С другой стороны, многие считают, что движение, набравшее обороты осенью 2017 года, началось гораздо раньше. В одной из статей активистка и писательница Линди Уэст так отвечает на возмущенную реплику Вуди Аллена, назвавшего всплеск обвинений в сексуальных домогательствах «охотой на ведьм»: «В последние пять лет все больше жертв решились вслух заявить о том, что с ними произошло. Таких свидетельств очень много, и в них говорится не только о душевных травмах, вызванных нежелательным прикосновением или унизительным комментарием. Мы видим и более серьезные последствия: женщины теряли веру в себя, уходили с работы, отказывались от карьеры. Мужчины всеми силами пытались удержать власть и уменьшить растущее влияние противоположного пола» (131). Есть и те, кто утверждает, что протест начал зреть несколько десятилетий назад, когда в обиход впервые вошел предложенный юристами и социологами термин «сексуальные домогательства». А в 2017-м наступила кульминация этого протестного движения.
* * *
«О харассменте в современном понимании начали говорить после выступления Аниты Хилл», – утверждает Майкл Киммел, профессор социологии и гендерных исследований в Университете штата Нью-Йорк в Стоуни-Брук. Юрист и преподаватель Анита Хилл в начале 1990-х заявила о том, что неоднократно подвергалась сексуальным домогательствам со стороны судьи Кларенса Томаса. Киммел считает Аниту «матерью» нынешнего женского движения. Как можно догадаться, Хилл добилась несравнимо меньшего успеха, чем нынешние правозащитницы. «Все тогда говорили, что она лжет. Все презирали ее, считали распущенной и развратной», – подчеркивает Киммел в беседе со мной, цитируя нелестно охарактеризовавшего Хилл писателя Дэвида Брока. Аните не поверили, она потерпела фиаско, и все же профессор Киммел считает ее важной, общественно значимой фигурой. Несмотря на то что ее яростно пытались дискредитировать, она стала вдохновляющим примером для многих других женщин. Не все из них решились публично рассказать, что с ними случилось, однако сотни и тысячи хотя бы нашли в себе смелость, чтобы поделиться переживаниями с близкими – друзьями, родственниками, коллегами – и предупредить их о возможных нападках со стороны мужчин, которых следует остерегаться.
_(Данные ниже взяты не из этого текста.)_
-- ===== src/Assignments.antt =====
-- Assignments of staff to leads, clients and bookings: apps/web/src/features/assignments.
pub mod Model
pub mod Audit
pub mod Repository
pub mod Authorization
pub mod Writes
pub mod Slots
pub mod Rows
pub mod Answers
pub mod Replacing
pub mod Listing
pub mod Service
pub mod Finance
mod Tests
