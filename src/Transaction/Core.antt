-- ===== src/Transaction/Core.antt =====
-- What a transaction body can throw, as apps/web/src/lib/prisma-errors.ts tells it apart, and the
-- monad of transaction bodies.
use Prim.Native.String.{String}
use text.Mathlib.Text.{◌==◌ as str_eq}
use heritage_philippines_v.Prelude.{
  ℕ, Bool, true, false, Option, none, some, List, ◌&&◌, ◌||◌, length, any, all, ◌==◌, if◌then◌else◌,
}

-- A decoded `P2002`: the model whose write failed and the violated columns.
pub record UniqueViolation : Type 0 where
  pub model_name : Option String
  pub fields : List String

-- An error of the feature itself, or one of the database's that the code tells apart.
pub data Failure (E : Type 0) : Type 0 where
  domain : E → Failure E
  unique : UniqueViolation → Failure E
  write_conflict : Failure E
  retries_exhausted : ℕ → Failure E
  unknown : Failure E

pub data Result (E A : Type 0) : Type 0 where
  ok : A → Result E A
  err : Failure E → Result E A

-- A transaction body.
abbrev pub Tx : Type 0 → Type 0 → Type 0 → Type 0
Tx S E A = S → Result E (A × S)

-- A call of a service: its answer, and the store that it leaves.
abbrev pub Action : Type 0 → Type 0 → Type 0 → Type 0
Action S E A = S → Result E A × S

-- How the database ends an attempt whose body returned.
pub data Commit : Type 0 where
  committed conflicted broken : Commit
  violated : UniqueViolation → Commit

-- What other transactions commit before an attempt reads, and how the attempt ends.
pub record Attempt (S : Type 0) : Type 0 where
  pub others : S → S
  pub outcome : Commit

-- The attempts by number, and what others commit before a failed call reads again.
pub record Schedule (S : Type 0) : Type 0 where
  pub attempt : ℕ → Attempt S
  pub settled : S → S

unfoldable pub is_retryable_write_conflict : {E : Type 0} → Failure E → Bool
is_retryable_write_conflict write_conflict = true
is_retryable_write_conflict (domain e) = false
is_retryable_write_conflict (unique v) = false
is_retryable_write_conflict (retries_exhausted n) = false
is_retryable_write_conflict unknown = false

abbrev names_model : Option String → String → Bool
names_model none expected = false
names_model (some name) expected = str_eq name expected

unfoldable pub is_unique_violation_on : {E : Type 0} → Failure E → String → List String → Bool
is_unique_violation_on (unique v) model_name fields =
    names_model v.model_name model_name
    && (length v.fields == length fields && all (λ f. any (λ g. str_eq g f) fields) v.fields)
is_unique_violation_on (domain e) model_name fields = false
is_unique_violation_on write_conflict model_name fields = false
is_unique_violation_on (retries_exhausted n) model_name fields = false
is_unique_violation_on unknown model_name fields = false

abbrev is_unique : {E : Type 0} → Failure E → Bool
is_unique (unique v) = true
is_unique (domain e) = false
is_unique write_conflict = false
is_unique (retries_exhausted n) = false
is_unique unknown = false

abbrev is_serializable_retries_exhausted : {E : Type 0} → Failure E → Bool
is_serializable_retries_exhausted (retries_exhausted n) = true
is_serializable_retries_exhausted (domain e) = false
is_serializable_retries_exhausted (unique v) = false
is_serializable_retries_exhausted write_conflict = false
is_serializable_retries_exhausted unknown = false

unfoldable pub is_residual_database_conflict : {E : Type 0} → Failure E → Bool
unfolding is_retryable_write_conflict
is_residual_database_conflict e =
    if is_serializable_retries_exhausted e || is_retryable_write_conflict e
    then true
    else is_unique e

module _ {S E : Type 0} where
  unfoldable pub pure : {A : Type 0} → A → Tx S E A
  pure a s = ok (a, s)

  unfoldable pub throw_failure : {A : Type 0} → Failure E → Tx S E A
  throw_failure e s = err e

  unfoldable pub throw : {A : Type 0} → E → Tx S E A
  throw e s = err (domain e)

  unfoldable pub gets : {A : Type 0} → (S → A) → Tx S E A
  gets f s = ok (f s, s)

  unfoldable pub modify : (S → S) → Tx S E (Unit {0})
  modify f s = ok (tt, f s)

  unfoldable pub require : Bool → E → Tx S E (Unit {0})
  require true e s = ok (tt, s)
  require false e s = err (domain e)

  unfoldable pub or_throw : {A : Type 0} → Option A → E → Tx S E A
  or_throw (some a) e s = ok (a, s)
  or_throw none e s = err (domain e)

  -- `if (replay) return replay;` and the rest of the body.
  unfoldable pub or_else : {A : Type 0} → Option A → Tx S E A → Tx S E A
  or_else (some a) m s = ok (a, s)
  or_else none m s = m s

  abbrev pub continue : {A B : Type 0} → Result E (A × S) → (A → Tx S E B) → Result E (B × S)
  continue (ok (a, s)) f = f a s
  continue (err e) f = err e

  infixl 10 ◌>>=◌ ◌>>◌
  unfoldable pub ◌>>=◌ : {A B : Type 0} → Tx S E A → (A → Tx S E B) → Tx S E B
  unfolding pure throw throw_failure gets modify require or_throw or_else
  ◌>>=◌ m f s = continue (m s) f

  unfoldable pub ◌>>◌ : {B : Type 0} → Tx S E (Unit {0}) → Tx S E B → Tx S E B
  unfolding ◌>>=◌
  m >> n = m >>= λ _. n

  -- An insert or an update: the database refuses it, or it returns the row.
  unfoldable pub write : {A : Type 0} → (S → Result E (A × S)) → Tx S E A
  write f s = f s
Прошло два с половиной десятилетия, с тех пор как Анита Хилл произнесла речь в Сенате, где должны были одобрить назначение Томаса на высокую должность судьи Верховного суда. С тех пор очень много смелых женщин признались, что подверглись насилию. И с каждым таким заявлением общество приближалось к поворотной точке, когда отрицать очевидное было уже невозможно.
Теперь, как утверждает Киммел, «мы дошли до того исторического момента, когда женщинам верят».
Посмотрим, сохранится ли эта тенденция в будущем. Так совпало, что я побеседовала с профессором Нью-Йоркского университета всего через несколько часов после публичных извинений Луи Си Кея. Он просил прощения за то, что многие годы унижал женщин. Исторический, поворотный момент! Но даже и тут Киммел предупреждает: возможен рецидив. По его мнению, если обвинений будет слишком много, к ним все привыкнут. Домогательства станут воспринимать как нечто обычное и нормальное. А может, мужчины найдут новые аргументы и снова возложат всю вину на женщин, сняв ее с себя.
Надеюсь, этого все же не произойдет. Возвращаться в прошлое слишком рискованно. Но так или иначе важно помнить, что женщины не смогут чувствовать себя в безопасности, пока им не верят. И они будут продолжать лгать, если у них не будет иного способа защитить себя.